Then the result of our first layer is simply:

l1 = lin(x, w1, b1)
l1.shape
torch.Size([200, 50])

Note that this formula works with our batch of inputs, and returns a batch of hidden state: l1 is a matrix of size 200 (our batch size) by 50 (our hidden size).

There is a problem with the way our model was initialized, however. To understand it, we need to look at the mean and standard deviation (std) of l1:

l1.mean(), l1.std()
(tensor(0.1381), tensor(9.8549))

The mean is close to zero, which is understandable since both our input and weight matrices have means close to zero. But the standard deviation, which represents how far away our activations go from the mean, went from 1 to 10. This is a really big problem because that’s with just one layer. Modern neural nets can have hundred of layers, so if each of them multiplies the scale of our activations by 10, by the end of the last layer we won’t have numbers representable by a computer.

Indeed, if we make just 50 multiplications between x and random matrices of size 100×100, we’ll have:

x = torch.randn(200, 100)
for i in range(50): x = x @ torch.randn(100,100)
x[0:5,0:5]
tensor([[nan, nan, nan, nan, nan],
        [nan, nan, nan, nan, nan],
        [nan, nan, nan, nan, nan],
        [nan, nan, nan, nan, nan],
        [nan, nan, nan, nan, nan]])

The result is nans everywhere. So maybe the scale of our matrix was too big, and we need to have smaller weights? But if we use too small weights, we will have the opposite problem—the scale of our activations will go from 1 to 0.1, and after 50 layers we’ll be left with zeros everywhere:

x = torch.randn(200, 100)
for i in range(50): x = x @ (torch.randn(100,100) * 0.01)
x[0:5,0:5]
tensor([[0., 0., 0., 0., 0.],
        [0., 0., 0., 0., 0.],
        [0., 0., 0., 0., 0.],
        [0., 0., 0., 0., 0.],
        [0., 0., 0., 0., 0.]])

So we have to scale our weight matrices exactly right so that the standard deviation of our activations stays at 1. We can compute the exact value to use mathematically, as illustrated by Xavier Glorot and Yoshua Bengio in “Understanding the Difficulty of Training Deep Feedforward Neural Networks”. The right scale for a given layer is \(1/\sqrt{n_{in}}\), where \(n_{in}\) represents the number of inputs.

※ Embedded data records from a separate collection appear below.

-- ===== src/Trigger/Handler.antt =====
-- TriggerHandler of operator/internal/server/trigger_handler.go. Traces and logs are left out.
mod Served
pub mod Exhausted
use flokoa.Common.{
  ℕ, List, [], ◌∷◌, ◌++◌, Option, none, some, Text, codes, ◌==◌, Bool, not, ◌||◌, is_empty,
  if◌then◌else◌,
}
use flokoa.Trigger.Config.{TriggerConfig}
use flokoa.Trigger.Limiter.{
  TriggerLimiter, Decision, allowed, invocations_per_hour_exceeded, concurrent_tasks_exceeded,
  check,
}

-- The request; `body` is `none` where reading it fails.
pub record Request : Type 0 where
  pub method : Text
  pub namespace : Text
  pub name : Text
  pub body : Option Text

-- What the handler takes from libraries: whether json.Unmarshal reads a body as a
-- TriggerInvokePayload, the data of the ConfigMap with a namespace and a name, and the configuration
-- that json.Unmarshal makes of a text.
pub record Services : Type 0 where
  pub is_payload : Text → Bool
  pub config_map : Text → Text → Option (List (Text × Text))
  pub parse_config : Text → Option TriggerConfig

-- ConfigMapName of operator/internal/domain/trigger/labels.go.
abbrev pub config_map_name : Text → Text
config_map_name name = codes "agenttrigger-" ++ (name ++ codes "-config")

-- `cm.Data[key]`
abbrev pub data_at : List (Text × Text) → Text → Option Text
data_at [] key = none
data_at ((k, v) ∷ entries) key = if k == key then some v else data_at entries key

infixl 5 ◌>>=◌
abbrev ◌>>=◌ {ℓ κ} : {A : Type ℓ} {B : Type κ} → Option A → (A → Option B) → Option B
none >>= f = none
some a >>= f = f a

unfoldable pub load_trigger_config : Services → Text → Text → Option TriggerConfig
load_trigger_config sv ns name = do
  entries ← sv.config_map ns (config_map_name name)
  text ← data_at entries (codes "config.json")
  sv.parse_config text

abbrev pub method_not_allowed : ℕ
method_not_allowed = 405

abbrev pub bad_request : ℕ
bad_request = 400

abbrev pub config_not_found : ℕ
config_not_found = 404

abbrev pub too_many_requests : ℕ
too_many_requests = 429

abbrev pub ok : ℕ
ok = 200

abbrev pub status_of : Decision → ℕ
status_of allowed = ok
status_of (invocations_per_hour_exceeded n limit) = too_many_requests
status_of (concurrent_tasks_exceeded n limit) = too_many_requests

-- From the body on.
abbrev serve_config : TriggerLimiter → ℕ → Request → Option TriggerConfig → ℕ × TriggerLimiter
serve_config l now r none = (config_not_found, l)
serve_config l now r (some config) =
    let (v, l') = check l now r.name r.namespace config.limits in (status_of v, l')

abbrev serve_body : Services → TriggerLimiter → ℕ → Request → Option Text → ℕ × TriggerLimiter
serve_body sv l now r none = (bad_request, l)
serve_body sv l now r (some text) =
    if not (sv.is_payload text)
    then (bad_request, l)
    else serve_config l now r (load_trigger_config sv r.namespace r.name)

-- ServeHTTP: the status of the answer, and the limiter afterwards.
unfoldable pub serve_http : Services → TriggerLimiter → ℕ → Request → ℕ × TriggerLimiter
unfolding check load_trigger_config
serve_http sv l now r =
    if not (r.method == codes "POST")
    then (method_not_allowed, l)
    else if is_empty r.namespace || is_empty r.name
    then (bad_request, l)
    else serve_body sv l now r r.body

In our case, if we have 100 inputs, we should scale our weight matrices by 0.1:

x = torch.randn(200, 100)
for i in range(50): x = x @ (torch.randn(100,100) * 0.1)
x[0:5,0:5]
tensor([[-0.1769, -0.0389,  0.5414,  0.5769,  0.1272],
        [ 0.2133, -1.1071,  0.8511, -1.2352, -0.6003],
        [ 0.4065, -2.1840,  2.3958, -2.3253, -0.9688],
        [ 0.1720,  1.2012, -2.4649, -0.7765,  0.7338],
        [-0.0977,  1.4870, -2.0249,  1.0367,  0.8047]])

Finally some numbers that are neither zeros nor nans! Notice how stable the scale of our activations is, even after those 50 fake layers:

x.std()
tensor(1.5285)

If you play a little bit with the value for scale you’ll notice that even a slight variation from 0.1 will get you either to very small or very large numbers, so initializing the weights properly is extremely important.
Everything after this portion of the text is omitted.